Those skilled in the art will appreciate that the system of FIG. 2 may be implemented in a variety of ways. First, processing apparatus 204, presentation apparatus 206, and/or data repository 234 may be provided by a single physical machine, multiple computer systems, one or more virtual machines, a grid, one or more databases, one or more filesystems, and/or a cloud computing system. The processing and presentation apparatuses may additionally be implemented together and/or separately by one or more hardware and/or software components and/or layers.

Second, processing apparatus 204 may use a number of techniques to convert schemas 212-214 into standardized forms 232. For example, the processing apparatus may use one or more configuration files containing rules for transforming native data types, syntax-specific structures, and/or other syntax or formatting in the schemas into the standardized syntax of the standardized forms.
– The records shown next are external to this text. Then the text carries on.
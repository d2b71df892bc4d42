-- ===== src/HealthCache/Locking.antt =====
-- The two locks of `HealthCache.save` of 9router_WatchEdit/core/history.py: what every interleaving
-- of `HealthCache.Saving` keeps, and the orders of the locks and of the writes.
use router_extra.Prelude.{
  ℕ, ◌+◌, ◌≤◌, ◌≡◌, ◌≢◌, ◌⊎◌, inl, inr, refl, Bool, true, false, List, [], ◌∷◌, arith, Pick, here,
  there, sum_of, sum_of-Pick,
}
use router_extra.HealthCache.{HealthCache, record_evidence, set_cost_override}
use router_extra.HealthCache.Policy.{prune_stale_records}
use router_extra.HealthCache.Growth.{
  Grows, record_evidence-Grows, set_cost_override-Grows, prune-Grows,
}
use router_extra.HealthCache.Saving.{
  Saver, captured, writing, replaced, Store, in_memory, in_save, capture, replace, mark_durable,
  mark, Step, saves, records_one, records_and_saves, overrides, prunes, locks, fails, replaces,
  marks, Reach, stay, next, loaded, Behind, AllBehind, IsLocked, Records,
}

AllBehind-Pick :
    {x : Saver} {xs rest : List Saver} (n : ℕ)
    → Pick x xs rest
    → AllBehind n xs
    → Behind n x × AllBehind n rest
AllBehind-Pick n here h = (h.0, h.1)
AllBehind-Pick n (there p) h = let (a, b) = AllBehind-Pick n p h.1 in (a, (h.0, b))

Behind-le : (m n : ℕ) (x : Saver) → m ≤ n → Behind m x → Behind n x
Behind-le m n (captured nested snapshot g) le h = omega arith
Behind-le m n (writing nested snapshot g) le h = omega arith
Behind-le m n (replaced nested g) le h = omega arith

AllBehind-le : (m n : ℕ) (xs : List Saver) → m ≤ n → AllBehind m xs → AllBehind n xs
AllBehind-le m n [] le h = tt
AllBehind-le m n (x ∷ xs) le h = (Behind-le m n x le h.0, AllBehind-le m n xs le h.1)

changed-IsLocked :
    (s : Store) (d : HealthCache) → Grows s.cache d → IsLocked s → IsLocked (record s { cache = d })
changed-IsLocked s d g h = record {
  one_in_memory = h.one_in_memory;
  one_in_save = h.one_in_save;
  behind = AllBehind-le s.cache.record_generation d.record_generation s.savers g.grows h.behind;
  durable_le = omega (arith, g.grows, g.durable_kept, h.durable_le);
}

capture-IsLocked :
    (nested : Bool) (s : Store)
    → sum_of in_memory s.savers ≡ 0
    → IsLocked s
    → IsLocked (capture nested s)
unfolding capture
capture-IsLocked nested s free h = ground (arith, h.one_in_save, h.behind, h.durable_le)

Step-IsLocked : {s t : Store} → Step s t → IsLocked s → IsLocked t
unfolding replace mark mark_durable
Step-IsLocked (saves s free) h = capture-IsLocked false s free h
Step-IsLocked (records_one id e latency now_at s free) h =
    changed-IsLocked s (record_evidence id e latency now_at s.cache)
      (record_evidence-Grows id e latency now_at s.cache) h
Step-IsLocked (records_and_saves id e latency now_at s free) h =
    let d = record_evidence id e latency now_at s.cache in
    capture-IsLocked true (record s { cache = d }) free
      (changed-IsLocked s d (record_evidence-Grows id e latency now_at s.cache) h)
Step-IsLocked (overrides id o s free done) h =
    let d = (set_cost_override id o s.cache).0 in
    capture-IsLocked true (record s { cache = d }) free
      (changed-IsLocked s d (set_cost_override-Grows id o s.cache) h)
Step-IsLocked (prunes current referenced window most now_at s free) h =
    changed-IsLocked s (prune_stale_records current referenced window most now_at s.cache).0
      (prune-Grows current referenced window most now_at s.cache) h
Step-IsLocked (locks nested snapshot g rest s p free) h = ground (
  arith,
  sum_of-Pick in_memory p,
  sum_of-Pick in_save p,
  AllBehind-Pick s.cache.record_generation p h.behind,
)
Step-IsLocked (fails nested snapshot g rest s p) h = ground (
  arith,
  sum_of-Pick in_memory p,
  sum_of-Pick in_save p,
  AllBehind-Pick s.cache.record_generation p h.behind,
)
Step-IsLocked (replaces nested snapshot g rest s p) h = ground (
  arith,
  sum_of-Pick in_memory p,
  sum_of-Pick in_save p,
  AllBehind-Pick s.cache.record_generation p h.behind,
)
Step-IsLocked (marks nested g rest s p free) h = ground (
  arith,
  sum_of-Pick in_memory p,
  sum_of-Pick in_save p,
  AllBehind-Pick s.cache.record_generation p h.behind,
)

-- In every interleaving of saves and changes, at most one thread holds each of the two locks, and
-- no generation is captured or marked durable that the records have not reached.
pub locks_exclusive : (m : Records) {s : Store} → Reach (loaded m) s → IsLocked s
unfolding loaded
locks_exclusive m stay = ground arith
locks_exclusive m (next r t) = Step-IsLocked t (locks_exclusive m r)

-- Two different members of a list both count.
sum_of-two :
    (f : Saver → ℕ) {x y : Saver} {xs rest others : List Saver}
    → x ≢ y
    → Pick x xs rest
    → Pick y xs others
    → f x + f y ≤ sum_of f xs
sum_of-two f ne here here = absurd (ne refl)
sum_of-two f ne here (there q) = omega (arith, sum_of-Pick f q)
sum_of-two f ne (there p) here = omega (arith, sum_of-Pick f p)
sum_of-two f ne (there p) (there q) = omega (arith, sum_of-two f ne p q)

module _ {s : Store} (h : IsLocked s) {g j : ℕ} {snapshot : Records} {rest others : List Saver}
    (p : Pick (replaced false g) s.savers rest)
    (q : Pick (captured true snapshot j) s.savers others) where
  memory_taken : sum_of in_memory s.savers ≡ 0 → ⊥
  memory_taken e = omega (arith, sum_of-Pick in_memory q)

  save_taken : sum_of in_save s.savers ≡ 0 → ⊥
  save_taken e = omega (arith, sum_of-Pick in_save p)

  writing_absurd :
      {n : Bool} {m : Records} {i : ℕ} {xs : List Saver} → Pick (writing n m i) s.savers xs → ⊥
  writing_absurd w = omega (arith, h.one_in_save, sum_of-two in_save (λ e. cc) w p)

  nested_absurd : {i : ℕ} {xs : List Saver} → Pick (replaced true i) s.savers xs → ⊥
  nested_absurd w = omega (arith, h.one_in_memory, sum_of-two in_memory (λ e. cc) w q)

  marks_absurd :
      (n : Bool) {i : ℕ} {xs : List Saver}
      → Pick (replaced n i) s.savers xs
      → (n ≡ true) ⊎ (sum_of in_memory s.savers ≡ 0)
      → ⊥
  marks_absurd true w e = nested_absurd w
  marks_absurd false w (inl e) = cc
  marks_absurd false w (inr e) = memory_taken e

  stuck : {t : Store} → Step s t → ⊥
  stuck (saves s free) = memory_taken free
  stuck (records_one id e latency now_at s free) = memory_taken free
  stuck (records_and_saves id e latency now_at s free) = memory_taken free
  stuck (overrides id o s free done) = memory_taken free
  stuck (prunes current referenced window most now_at s free) = memory_taken free
  stuck (locks n m i xs s w free) = save_taken free
  stuck (fails n m i xs s w) = writing_absurd w
  stuck (replaces n m i xs s w) = writing_absurd w
  stuck (marks n i xs s w free) = marks_absurd n w free

-- When a plain save has replaced the file while the save of an override or of a recording with
-- `auto_save` waits for the save lock, no thread that uses the cache can ever take another step.
pub locks_deadlock :
    (m : Records) {s t : Store} {g j : ℕ} {snapshot : Records} {rest others : List Saver}
    → Reach (loaded m) s
    → Pick (replaced false g) s.savers rest
    → Pick (captured true snapshot j) s.savers others
    → ¬ Step s t
locks_deadlock m r p q x = stuck (locks_exclusive m r) p q x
As a result, changes in schema syntaxes and/or data systems in the data ecosystem may be accommodated by adapting the configuration files to reflect the changes instead of requiring manual updates to hard-coded or static scripts that operate on the schemas.

FIG. 3A shows an exemplary schema for a data set in accordance with the disclosed embodiments. More specifically, FIG. 3A shows a platform-specific schema for the data set, such as a schema produced by an Apache Hive data system. The schema of FIG. 3A includes a number of columns 302-304 and a set of fields 306-312 in the data set.

Column 302 may include names of fields 306-312, and column 304 may include data types of the fields. For example, field 306 may have a name of “misc” and a data type of “binary,” field 308 may have a name of “movie_id” and a type of “int,” field 310 may have a name of “movie_title” and a type of “varchar(500)”, and field 312 may have a name of “search_results” and a complex, nested data type. Because the nested structure associated with field 312 is described in a single string without additional formatting, a user may have difficulty understanding the organization of the data set as represented by the schema of FIG. 3A.

FIG. 3B shows an exemplary standardized form of a schema for a data set in accordance with the disclosed embodiments. In particular, FIG. 3B shows a standardized form of the schema of FIG. 3A. The standardized form of FIG. 3B includes a number of columns 314-328 and a number of rows 330-342. As a result, the standardized form may store the schema in a tabular, flattened structure, with columns 314-328 representing different attributes of the data set and rows 330-342 representing fields (e.g., fields 306-312) in the data set.

Column 314 may include a numeric identifier for the data set, which is set to the same value of “86” for all rows in the standardized form. Column 316 may specify unique identifiers for the fields in the data set, which range from “7165” to “7185.” For example, numeric values in column 316 may be used to identify the corresponding fields within a much larger set of fields from multiple data sets with the standardized form. Consequently, columns 314-316 may be used to organize standardized forms of the data sets under a single tabular data structure.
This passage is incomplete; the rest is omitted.